Task to complete> What you return must be an exact copy of the lines in the listing below between the line holding "else some (record" and the line holding "resolve now a", inclusive, and nothing more.

Data for this task>
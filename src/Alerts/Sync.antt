-- ===== src/Alerts/Sync.antt =====
-- `AlertService._sync` and the endpoint that changes an alert. The column `fingerprint` is unique: a
-- second row with one raises, and the transaction is lost.
use superflash_ia.Prelude.{
  ℕ, suc, String, Bool, true, false, not, ◌&&◌, Option, none, some, List, [], ◌∷◌, ◌++◌, map,
  if◌then◌else◌, ◌==◌, nat_eq, string_eq, update, first, contains, is_some,
}
use Prim.Native.String.{◌++◌ as ◌<>◌}
use superflash_ia.Alerts.Types.{
  AlertType, high_cpu, high_memory, high_disk, type_value, Severity, warning, critical, AlertStatus,
  active, acknowledged, resolved, is_resolved, Floats, Candidate, Alert,
}

module _ (F : Floats) where
  -- `f"{candidate.server_id}:{candidate.type.value}"`
  abbrev pub fingerprint_of : Candidate F → String
  fingerprint_of c = F.decimal c.server_id <> (":" <> type_value c.alert_type)

  abbrev is_usage : AlertType → Bool
  is_usage high_cpu = true
  is_usage high_memory = true
  is_usage high_disk = true
  is_usage _ = false

  -- `_severity`; a missing value counts as 0.
  unfoldable pub severity_of : Candidate F → Severity
  severity_of c =
      if is_usage c.alert_type
      then (elim c.value [
        | none ↦ warning
        | some value ↦ if F.is_at_least value 95 then critical else warning
      ])
      else warning

  -- The assignments of `fields` and of the status to a row that exists.
  unfoldable pub refreshed : Candidate F → ℕ → Alert F → Alert F
  unfolding severity_of
  refreshed c now a =
      let kept = record a {
        fingerprint = fingerprint_of c;
        alert_type = c.alert_type;
        severity = severity_of c;
        server_id = c.server_id;
        server_name = c.server_name;
        message = c.message;
        value = c.value;
        threshold = c.threshold;
        collected_at = c.collected_at;
        last_seen_at = now;
      } in
      elim a.status [
        | resolved ↦ record kept { status = active; acknowledged_at = none; resolved_at = none }
        | acknowledged ↦ kept
        | active ↦ record kept { status = active }
      ]

  -- The row that `create` adds.
  unfoldable pub created : Candidate F → ℕ → ℕ → Alert F
  unfolding severity_of
  created c now key = record {
    alert_id = key;
    fingerprint = fingerprint_of c;
    alert_type = c.alert_type;
    severity = severity_of c;
    status = active;
    server_id = c.server_id;
    server_name = c.server_name;
    message = c.message;
    value = c.value;
    threshold = c.threshold;
    collected_at = c.collected_at;
    first_seen_at = now;
    last_seen_at = now;
    acknowledged_at = none;
    resolved_at = none;
  }

  pub record AlertTable : Type 0 where
    pub alerts : List (Alert F)
    pub next_alert : ℕ

  abbrev pub has_fingerprint : String → Alert F → Bool
  has_fingerprint text a = a.fingerprint == text

  -- One candidate; `existing` are the fingerprints of the rows that were loaded before the loop.
  unfoldable pub sync_one : List String → ℕ → Candidate F → AlertTable → Option AlertTable
  sync_one existing now c t =
      let text = fingerprint_of c in
      if contains existing text
      then some (record t { alerts = update (has_fingerprint text) (refreshed c now) t.alerts })
      else if is_some (first (has_fingerprint text) t.alerts)
      then none
      else some (record t {
        alerts = t.alerts ++ created c now t.next_alert ∷ [];
        next_alert = suc t.next_alert;
      })

  unfoldable pub sync_all : List String → ℕ → List (Candidate F) → AlertTable → Option AlertTable
  sync_all existing now [] t = some t
  sync_all existing now (c ∷ cs) t = elim (sync_one existing now c t) [
    | none ↦ none
    | some t' ↦ sync_all existing now cs t'
  ]

  abbrev pub resolve : ℕ → Alert F → Alert F
  resolve now a = record a { status = resolved; resolved_at = some now }

  -- The test of the last loop, over `list_current`.
  abbrev pub is_over : List String → Alert F → Bool
  is_over fingerprints a = not (is_resolved a.status) && not (contains fingerprints a.fingerprint)

  -- `_sync`: the table that it commits, or none where it raises.
  unfoldable pub sync : ℕ → List (Candidate F) → AlertTable → Option AlertTable
  sync now candidates t =
      let existing = map (λ (a : Alert F). a.fingerprint) t.alerts in
      let fingerprints = map fingerprint_of candidates in
      elim (sync_all existing now candidates t) [
        | none ↦ none
        | some t' ↦
            some (record t' { alerts = update (is_over fingerprints) (resolve now) t'.alerts })
      ]

  -- `update_alert`, once the row is found.
  unfoldable pub set_status : AlertStatus → ℕ → Alert F → Alert F
  set_status status now a = record a {
    status = status;
    acknowledged_at = elim status [ acknowledged ↦ some now | _ ↦ none ];
    resolved_at = elim status [ resolved ↦ some now | _ ↦ none ];
  }
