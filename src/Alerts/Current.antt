-- ===== src/Alerts/Current.antt =====
-- After a synchronisation the alerts that are not resolved are those of the candidates.
use superflash_ia.Prelude.{
  ℕ, String, Bool, true, false, not, ◌≡◌, refl, subst, ◌||◌, ◌⊎◌, inl, inr, none, some, List, [],
  ◌∷◌, ◌++◌, map, arith, if◌then◌else◌, ◌==◌, string_eq, update, first, contains, All, All-append,
  Bool-cases, Option-cases,
}
use superflash_ia.Alerts.Types.{is_resolved, Floats, Candidate, Alert}
use superflash_ia.Alerts.Sync.{
  fingerprint_of, refreshed, created, AlertTable, has_fingerprint, sync_one, sync_all, resolve,
  is_over, sync,
}

module _ (F : Floats) where
  -- The alerts with these fingerprints are not resolved.
  abbrev IsOpenOn : (String → Bool) → Alert F → Type 0
  IsOpenOn p a = p a.fingerprint ≡ true → is_resolved a.status ≡ false

  abbrev or_is : String → (String → Bool) → String → Bool
  or_is text p x = x == text || p x

  refreshed_open :
      (c : Candidate F) (now : ℕ) (a : Alert F) → is_resolved (refreshed F c now a).status ≡ false
  unfolding refreshed
  refreshed_open c now a = ground arith

  update_open :
      (p : String → Bool) (c : Candidate F) (now : ℕ) (as' : List (Alert F))
      → All (IsOpenOn p) as'
      → All
          (IsOpenOn (or_is (fingerprint_of F c) p))
          (update (has_fingerprint F (fingerprint_of F c)) (refreshed F c now) as')
  update_open p c now [] h = tt
  update_open p c now (a ∷ as') (x, h) =
      (lem (Bool-cases (a.fingerprint == fingerprint_of F c)), update_open p c now as' h)
    where
      lem :
          ((a.fingerprint == fingerprint_of F c) ≡ true)
            ⊎ ((a.fingerprint == fingerprint_of F c) ≡ false)
          → IsOpenOn
              (or_is (fingerprint_of F c) p)
              (if a.fingerprint == fingerprint_of F c then refreshed F c now a else a)
      lem (inl e) = rw e (λ _. refreshed_open c now a)
      lem (inr e) = rw e (λ k. x (ground arith))

  weaken_open :
      (p : String → Bool) (c : Candidate F) (as' : List (Alert F))
      → first (has_fingerprint F (fingerprint_of F c)) as' ≡ none
      → All (IsOpenOn p) as'
      → All (IsOpenOn (or_is (fingerprint_of F c) p)) as'
  weaken_open p c [] e h = tt
  weaken_open p c (a ∷ as') e (x, h) =
      ((λ k. x (ground arith)), weaken_open p c as' (ground arith) h)

  sync_one-open :
      (existing : List String) (p : String → Bool) (now : ℕ) (c : Candidate F) (t t' : AlertTable F)
      → sync_one F existing now c t ≡ some t'
      → All (IsOpenOn p) t.alerts
      → All (IsOpenOn (or_is (fingerprint_of F c) p)) t'.alerts
  unfolding sync_one created
  sync_one-open existing p now c t t' e h =
      elim (Bool-cases (contains existing (fingerprint_of F c))) [
        | inl known ↦
            let k : update (has_fingerprint F (fingerprint_of F c)) (refreshed F c now) t.alerts
                ≡ t'.alerts =
              ground arith in
            subst (All (IsOpenOn (or_is (fingerprint_of F c) p))) k (update_open p c now t.alerts h)
        | inr new ↦
            let n : first (has_fingerprint F (fingerprint_of F c)) t.alerts ≡ none = ground arith in
            let k : t.alerts ++ created F c now t.next_alert ∷ [] ≡ t'.alerts = ground arith in
            subst (All (IsOpenOn (or_is (fingerprint_of F c) p))) k
              (All-append _ t.alerts _ (weaken_open p c t.alerts n h) ((λ _. refl), tt))
      ]

  abbrev either : (String → Bool) → List String → String → Bool
  either p texts x = p x || contains texts x

  move_open :
      (p : String → Bool) (text : String) (texts : List String) (as' : List (Alert F))
      → All (IsOpenOn (either (or_is text p) texts)) as'
      → All (IsOpenOn (either p (text ∷ texts))) as'
  move_open p text texts [] h = tt
  move_open p text texts (a ∷ as') (x, h) = ((λ k. x (ground arith)), move_open p text texts as' h)

  start_open :
      (p : String → Bool) (as' : List (Alert F))
      → All (IsOpenOn p) as'
      → All (IsOpenOn (either p [])) as'
  start_open p [] h = tt
  start_open p (a ∷ as') (x, h) = ((λ k. x (ground arith)), start_open p as' h)

  sync_all-open :
      (existing : List String) (p : String → Bool) (now : ℕ) (cs : List (Candidate F))
      (t t' : AlertTable F)
      → sync_all F existing now cs t ≡ some t'
      → All (IsOpenOn p) t.alerts
      → All (IsOpenOn (either p (map (fingerprint_of F) cs))) t'.alerts
  unfolding sync_all
  sync_all-open existing p now [] t t' e h =
      let k : t.alerts ≡ t'.alerts = ground arith in
      subst (All (IsOpenOn (either p []))) k (start_open p t.alerts h)
  sync_all-open existing p now (c ∷ cs) t t' e h =
      elim (Option-cases (sync_one F existing now c t)) [
        | inl raises ↦ ground arith
        | inr (t1, one) ↦ move_open p (fingerprint_of F c) (map (fingerprint_of F) cs) t'.alerts (
            sync_all-open existing (or_is (fingerprint_of F c) p) now cs t1 t' (ground arith)
              (sync_one-open existing p now c t t1 one h))
      ]

  resolve_open :
      (now : ℕ) (texts : List String) (as' : List (Alert F))
      → All (IsOpenOn (either (λ _. false) texts)) as'
      → All
          (λ (a : Alert F). is_resolved a.status ≡ not (contains texts a.fingerprint))
          (update (is_over F texts) (resolve F now) as')
  resolve_open now texts [] h = tt
  resolve_open now texts (a ∷ as') (x, h) = (ground arith, resolve_open now texts as' h)

  none_open : (as' : List (Alert F)) → All (IsOpenOn (λ _. false)) as'
  none_open [] = tt
  none_open (a ∷ as') = ((λ k. ground arith), none_open as')

  -- Where a synchronisation commits, an alert is resolved exactly where no candidate has its
  -- fingerprint, whatever state the alerts were in before.
  pub sync_current :
      (now : ℕ) (cs : List (Candidate F)) (t t' : AlertTable F)
      → sync F now cs t ≡ some t'
      → All
          (λ (a : Alert F).
            is_resolved a.status ≡ not (contains (map (fingerprint_of F) cs) a.fingerprint))
          t'.alerts
  unfolding sync
  sync_current now cs t t' e =
      let existing : List String = map (λ (a : Alert F). a.fingerprint) t.alerts in
      let texts : List String = map (fingerprint_of F) cs in
      elim (Option-cases (sync_all F existing now cs t)) [
        | inl raises ↦ ground arith
        | inr (t1, all) ↦
            let k : update (is_over F texts) (resolve F now) t1.alerts ≡ t'.alerts = ground arith in
            subst (All _) k (
              resolve_open now texts t1.alerts
                (sync_all-open existing (λ _. false) now cs t t1 all (none_open t.alerts)))
      ]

Answer to the problem>
      else some (record t {
        alerts = t.alerts ++ created c now t.next_alert ∷ [];
        next_alert = suc t.next_alert;
      })

  unfoldable pub sync_all : List String → ℕ → List (Candidate F) → AlertTable → Option AlertTable
  sync_all existing now [] t = some t
  sync_all existing now (c ∷ cs) t = elim (sync_one existing now c t) [
    | none ↦ none
    | some t' ↦ sync_all existing now cs t'
  ]

  abbrev pub resolve : ℕ → Alert F → Alert F
  resolve now a = record a { status = resolved; resolved_at = some now }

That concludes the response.